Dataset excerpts
- Opening Delimiter -
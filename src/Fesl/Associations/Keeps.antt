-- ===== src/Fesl/Associations/Keeps.antt =====
-- What the store's statements keep, the friend list handlers keep.
use medge_net.Prelude.{ℕ, zero, suc, ◌+◌, Bool, true, false, List, [], ◌∷◌, Bytes}
use medge_net.Prelude.Int.{ℤ}
use medge_net.Env.{Env}
use medge_net.Exec.{Run}
use medge_net.Exec.Keeps.{Keeps, Keeps-bind}
use medge_net.Packet.{Kv, Packet, Params}
use medge_net.Store.{Store}
use medge_net.Store.Calls
use medge_net.Store.Calls.{Kept}
use medge_net.Store.Friends.{insert_friend, delete_friend, add_association, delete_association}
use medge_net.Store.Rules.{Keeps-stmt}
use medge_net.Fesl.Associations.{
  AssociationRequest, Verdict, allowed, refused, Mutation, Progress, check_exists,
  validate_association_request, adding, deleting, mutate_if_allowed, handle_request, request_loop,
  emit_results, member_list, association_mutation_response, handle_add_associations,
  handle_delete_associations, handle_get_associations,
}
use medge_net.Fesl.Associations.Emit.{AssociationResult, emit_association_result}
use medge_net.Fesl.Session.Keeps.{OfStore, store_rules}

-- The two statements on `friends` keep `P` too.
pub record FriendsKept {κ} (P : Store → Type κ) : Type κ where
  pub insert_friend : (id friend_id : ℤ) (typ : Bytes) → Keeps P (insert_friend id friend_id typ)
  pub delete_friend : (id friend_id : ℤ) (typ : Bytes) → Keeps P (delete_friend id friend_id typ)

module _ {κ} {P : Store → Type κ} (env : Env) (k : Kept env P) where
  emit_association_result-Keeps :
      (p : Params) (prefix : Bytes) (i : ℕ) (r : AssociationResult) (typ : Bytes)
      → Keeps (OfStore P) (emit_association_result env p prefix i r typ)
  unfolding emit_association_result
  emit_association_result-Keeps p prefix i r typ =
      search (store_rules, Calls.get_associations-Keeps env k, Calls.persona_by_id-Keeps env k)
        depth 8

  emit_results-Keeps :
      (p : Params) (prefix typ : Bytes) (i : ℕ) (rs : List AssociationResult) (resp : List Kv)
      → Keeps (OfStore P) (emit_results env p prefix typ i rs resp)
  unfolding emit_results
  emit_results-Keeps p prefix typ i [] resp = search store_rules
  emit_results-Keeps p prefix typ i (r ∷ rs) resp =
      Keeps-bind _ _ (emit_association_result-Keeps p prefix i r typ)
        (λ lines. emit_results-Keeps p prefix typ (i + 1) rs _)

  member_list-Keeps : (id : ℤ) (typ : Bytes) → Keeps (OfStore P) (member_list env id typ)
  unfolding member_list
  member_list-Keeps id typ = search (store_rules, Calls.get_associations-Keeps env k)

  pub association_mutation_response-Keeps :
      (pkt : Packet) (txn prefix : Bytes) (p : Params) (typ : Bytes) (pr : Progress)
      → Keeps (OfStore P) (association_mutation_response env pkt txn prefix p typ pr)
  unfolding association_mutation_response
  association_mutation_response-Keeps pkt txn prefix p typ pr =
      search (store_rules, emit_results-Keeps, member_list-Keeps) depth 8

  pub handle_get_associations-Keeps :
      (pkt : Packet) → Keeps (OfStore P) (handle_get_associations env pkt)
  unfolding handle_get_associations
  handle_get_associations-Keeps pkt = search (store_rules, member_list-Keeps) depth 8

module _ {κ} {P : Store → Type κ} (env : Env) (k : Kept env P) (kf : FriendsKept P) where
  check_exists-Keeps : (req : AssociationRequest) → Keeps (OfStore P) (check_exists env req)
  unfolding check_exists
  check_exists-Keeps req = search (store_rules, Calls.persona_exists-Keeps env k) depth 8

  validate_association_request-Keeps :
      (req : AssociationRequest) (reject_self : Bool)
      → Keeps (OfStore P) (validate_association_request env req reject_self)
  unfolding validate_association_request
  validate_association_request-Keeps req reject_self =
      search (store_rules, check_exists-Keeps) depth 12

  adding-Keeps : (typ : Bytes) (req : AssociationRequest) → Keeps (OfStore P) (adding env typ req)
  unfolding adding add_association
  adding-Keeps typ req =
      search (store_rules, kf.insert_friend, λ (m : Run Store Bool). Keeps-stmt env m k.free) depth
        8

  deleting-Keeps :
      (typ : Bytes) (req : AssociationRequest) → Keeps (OfStore P) (deleting env typ req)
  unfolding deleting delete_association
  deleting-Keeps typ req =
      search (store_rules, kf.delete_friend, λ (m : Run Store (Unit {0})). Keeps-stmt env m k.free)
        depth 8

  module _ (mutation : Mutation)
      (km : (req : AssociationRequest) → Keeps (OfStore P) (mutation req)) where
    mutate_if_allowed-Keeps :
        (req : AssociationRequest) (v : Verdict)
        → Keeps (OfStore P) (mutate_if_allowed env mutation req v)
    unfolding mutate_if_allowed
    mutate_if_allowed-Keeps req allowed = km req
    mutate_if_allowed-Keeps req (refused _) = search store_rules

    handle_request-Keeps :
        (reject_self : Bool) (req : AssociationRequest)
        → Keeps (OfStore P) (handle_request env mutation reject_self req)
    unfolding handle_request
    handle_request-Keeps reject_self req =
        search (store_rules, validate_association_request-Keeps, mutate_if_allowed-Keeps)

    request_loop-Keeps :
        (reject_self : Bool) (prefix : Bytes) (p : Params) (left i : ℕ) (pr : Progress)
        → Keeps (OfStore P) (request_loop env mutation reject_self prefix p left i pr)
    unfolding request_loop
    request_loop-Keeps reject_self prefix p zero i pr = search store_rules
    request_loop-Keeps reject_self prefix p (suc left) i pr =
        search (store_rules, handle_request-Keeps, request_loop-Keeps reject_self prefix p left)

  pub handle_add_associations-Keeps :
      (pkt : Packet) → Keeps (OfStore P) (handle_add_associations env pkt)
  unfolding handle_add_associations
  handle_add_associations-Keeps pkt = search (
    store_rules,
    association_mutation_response-Keeps env k,
    λ (typ prefix : Bytes) (p : Params) (left : ℕ).
        request_loop-Keeps (adding env typ) (adding-Keeps typ) true prefix p left 0,
  )

  pub handle_delete_associations-Keeps :
      (pkt : Packet) → Keeps (OfStore P) (handle_delete_associations env pkt)
  unfolding handle_delete_associations
  handle_delete_associations-Keeps pkt = search (
    store_rules,
    association_mutation_response-Keeps env k,
    λ (typ prefix : Bytes) (p : Params) (left : ℕ).
        request_loop-Keeps (deleting env typ) (deleting-Keeps typ) false prefix p left 0,
  )
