-- ===== src/Store/Keys.antt =====
-- Unique columns of a table.
use medge_net.Prelude.{
  ℕ, ◌+◌, ◌≤◌, ◌≡◌, ◌≢◌, refl, sym, Bool, true, false, List, [], ◌∷◌, ◌++◌, map, none, some, All,
  arith, Bool-cases, inl, inr,
}
use medge_net.Prelude.Int.{ℤ, pos, negsuc}
use medge_net.Store.{top_id, next_id, find, select, put}

-- No two rows agree in the column.
abbrev pub Distinct {ℓ κ} : {A : Type ℓ} {K : Type κ} → (A → K) → List A → Type (ℓ ⊔ κ)
Distinct f [] = Unit
Distinct f (x ∷ xs) = All (λ y. f x ≢ f y) xs × Distinct f xs

All-snoc {ℓ κ} :
    {A : Type ℓ} (P : A → Type κ) (xs : List A) (x : A) → All P xs → P x → All P (xs ++ x ∷ [])
All-snoc P [] x h p = (p, tt)
All-snoc P (y ∷ xs) x h p = (h.0, All-snoc P xs x h.1 p)

-- A new row whose key no row has.
pub Distinct-snoc {ℓ κ} :
    {A : Type ℓ} {K : Type κ} (f : A → K) (xs : List A) (x : A)
    → Distinct f xs
    → All (λ y. f y ≢ f x) xs
    → Distinct f (xs ++ x ∷ [])
Distinct-snoc f [] x d h = (tt, tt)
Distinct-snoc f (y ∷ xs) x d h =
    (All-snoc (λ z. f y ≢ f z) xs x d.0 h.0, Distinct-snoc f xs x d.1 h.1)

pub All-select {ℓ κ} :
    {A : Type ℓ} (P : A → Type κ) (p : A → Bool) (xs : List A) → All P xs → All P (select p xs)
unfolding select
All-select P p [] h = tt
All-select P p (x ∷ xs) h = elim (Bool-cases (p x)) [
  | inl e ↦ rw e (h.0, All-select P p xs h.1)
  | inr e ↦ rw e (All-select P p xs h.1)
]

-- Rows that are deleted make no key a duplicate.
pub Distinct-select {ℓ κ} :
    {A : Type ℓ} {K : Type κ} (f : A → K) (p : A → Bool) (xs : List A)
    → Distinct f xs
    → Distinct f (select p xs)
unfolding select
Distinct-select f p [] d = tt
Distinct-select f p (x ∷ xs) d = elim (Bool-cases (p x)) [
  | inl e ↦ rw e (All-select (λ y. f x ≢ f y) p xs d.0, Distinct-select f p xs d.1)
  | inr e ↦ rw e (Distinct-select f p xs d.1)
]

-- A row that replaces the one in conflict with it, or comes last.
module _ {ℓ κ} {A : Type ℓ} {K : Type κ} (f : A → K) (p : A → Bool) (row : A)
    (same : (x : A) → p x ≡ true → f x ≡ f row) (other : (x : A) → p x ≡ false → f x ≢ f row) where
  All-put :
      (k : K) (xs : List A) → All (λ y. k ≢ f y) xs → k ≢ f row → All (λ y. k ≢ f y) (put p row xs)
  unfolding put
  All-put k [] h n = (n, tt)
  All-put k (x ∷ xs) h n = elim (Bool-cases (p x)) [
    | inl e ↦ rw e (n, h.1)
    | inr e ↦ rw e (h.0, All-put k xs h.1 n)
  ]

  pub Distinct-put : (xs : List A) → Distinct f xs → Distinct f (put p row xs)
  unfolding put
  Distinct-put [] d = (tt, tt)
  Distinct-put (x ∷ xs) d = elim (Bool-cases (p x)) [
    | inl e ↦ rw e (rw (sym (same x e)) d.0, d.1)
    | inr e ↦ rw e (All-put (f x) xs d.0 (other x e), Distinct-put xs d.1)
  ]

-- What a search does not find is no row.
pub find-eq-none {ℓ κ} :
    {A : Type ℓ} {P : A → Type κ} (p : A → Bool) (xs : List A)
    → ((x : A) → p x ≡ false → P x)
    → find p xs ≡ none
    → All P xs
unfolding find
find-eq-none p [] h e = tt
find-eq-none p (x ∷ xs) h e = elim (Bool-cases (p x)) [
  | inl t ↦ absurd (cc (rw (t, find) at e))
  | inr t ↦ (h x t, find-eq-none p xs h (rw t at e))
]

-- What it finds passes the test.
pub find-eq-some {ℓ} :
    {A : Type ℓ} (p : A → Bool) (xs : List A) (a : A) → find p xs ≡ some a → p a ≡ true
unfolding find
find-eq-some p [] a e = absurd (cc)
find-eq-some p (x ∷ xs) a e = ground (arith, find-eq-some p xs a)

top_id_bound : (ids : List ℤ) (n : ℕ) → top_id ids ≤ n → All (λ i. i ≢ pos (n + 1)) ids
unfolding top_id
top_id_bound [] n h = tt
top_id_bound (pos m ∷ ids) n h = (ground arith, top_id_bound ids n (ground arith))
top_id_bound (negsuc m ∷ ids) n h = (cc, top_id_bound ids n h)

All-map {ℓ κ μ} :
    {A : Type ℓ} {B : Type κ} (P : B → Type μ) (f : A → B) (xs : List A)
    → All P (map f xs)
    → All (λ x. P (f x)) xs
All-map P f [] h = tt
All-map P f (x ∷ xs) h = (h.0, All-map P f xs h.1)

-- A fresh id is the id of no row.
pub next_id_fresh {ℓ} :
    {A : Type ℓ} (f : A → ℤ) (xs : List A) → All (λ x. f x ≢ next_id (map f xs)) xs
unfolding next_id
next_id_fresh f xs =
    All-map (λ i. i ≢ next_id (map f xs)) f xs
      (top_id_bound (map f xs) (top_id (map f xs)) (omega arith))

-- What `p` selects is among what `q` selects.
pub select-select {ℓ} :
    {A : Type ℓ} (p q : A → Bool) (xs : List A)
    → ((x : A) → p x ≡ true → q x ≡ true)
    → select p (select q xs) ≡ select p xs
unfolding select
select-select p q [] h = refl
select-select p q (x ∷ xs) h =
    let ih = select-select p q xs h in
    elim (Bool-cases (p x)) [
      | inl e ↦ rw (h x e, e, ih)
      | inr e ↦ elim (Bool-cases (q x)) [ inl e' ↦ rw (e', e, ih) | inr e' ↦ rw (e', e, ih) ]
    ]

pub select-snoc {ℓ} :
    {A : Type ℓ} (p : A → Bool) (x : A) (xs : List A)
    → p x ≡ false
    → select p (xs ++ x ∷ []) ≡ select p xs
unfolding select
select-snoc p x [] e = rw e
select-snoc p x (y ∷ xs) e = rw (select-snoc p x xs e)

-- What holds of every row holds of the one that a search finds.
pub find-All {ℓ κ} :
    {A : Type ℓ} (P : A → Type κ) (p : A → Bool) (xs : List A) (a : A)
    → All P xs
    → find p xs ≡ some a
    → P a
unfolding find
find-All P p [] a h e = absurd (cc)
find-All P p (x ∷ xs) a h e = elim (Bool-cases (p x)) [
  | inl t ↦
      let found : some x ≡ some a = rw (t, find) at e in let same : x ≡ a = cc in rw (sym same) h.0
  | inr t ↦ find-All P p xs a h.1 (rw t at e)
]

-- Two searches that find rows with one key find one row.
pub Distinct-find {ℓ κ} :
    {A : Type ℓ} {K : Type κ} (f : A → K) (p q : A → Bool) (xs : List A) (a b : A)
    → Distinct f xs
    → find p xs ≡ some a
    → find q xs ≡ some b
    → f a ≡ f b
    → a ≡ b
unfolding find
Distinct-find f p q [] a b d ea eb e = absurd (cc)
Distinct-find f p q (x ∷ xs) a b d ea eb e = elim (Bool-cases (p x)) [
  | inl hp ↦
      let fa : some x ≡ some a = rw hp at ea in
      let xa : x ≡ a = cc in
      elim (Bool-cases (q x)) [
        | inl hq ↦ let fb : some x ≡ some b = rw hq at eb in cc
        | inr hq ↦ absurd (find-All (λ y. f x ≢ f y) q xs b d.0 (rw hq at eb) (rw xa e))
      ]
  | inr hp ↦ elim (Bool-cases (q x)) [
    | inl hq ↦
        let fb : some x ≡ some b = rw hq at eb in
        let xb : x ≡ b = cc in
        absurd (find-All (λ y. f x ≢ f y) p xs a d.0 (rw hp at ea) (rw xb (sym e)))
    | inr hq ↦ Distinct-find f p q xs a b d.1 (rw hp at ea) (rw hq at eb) e
  ]
]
- Closing Delimiter -
▸ Task goal
With the line that contains "let xb : x ≡ b = cc in" as the first and the final line of the data as the last, repeat every line in that span exactly.

▸ Expected answer
        let xb : x ≡ b = cc in
        absurd (find-All (λ y. f x ≢ f y) p xs a d.0 (rw hp at ea) (rw xb (sym e)))
    | inr hq ↦ Distinct-find f p q xs a b d.1 (rw hp at ea) (rw hq at eb) e
  ]
]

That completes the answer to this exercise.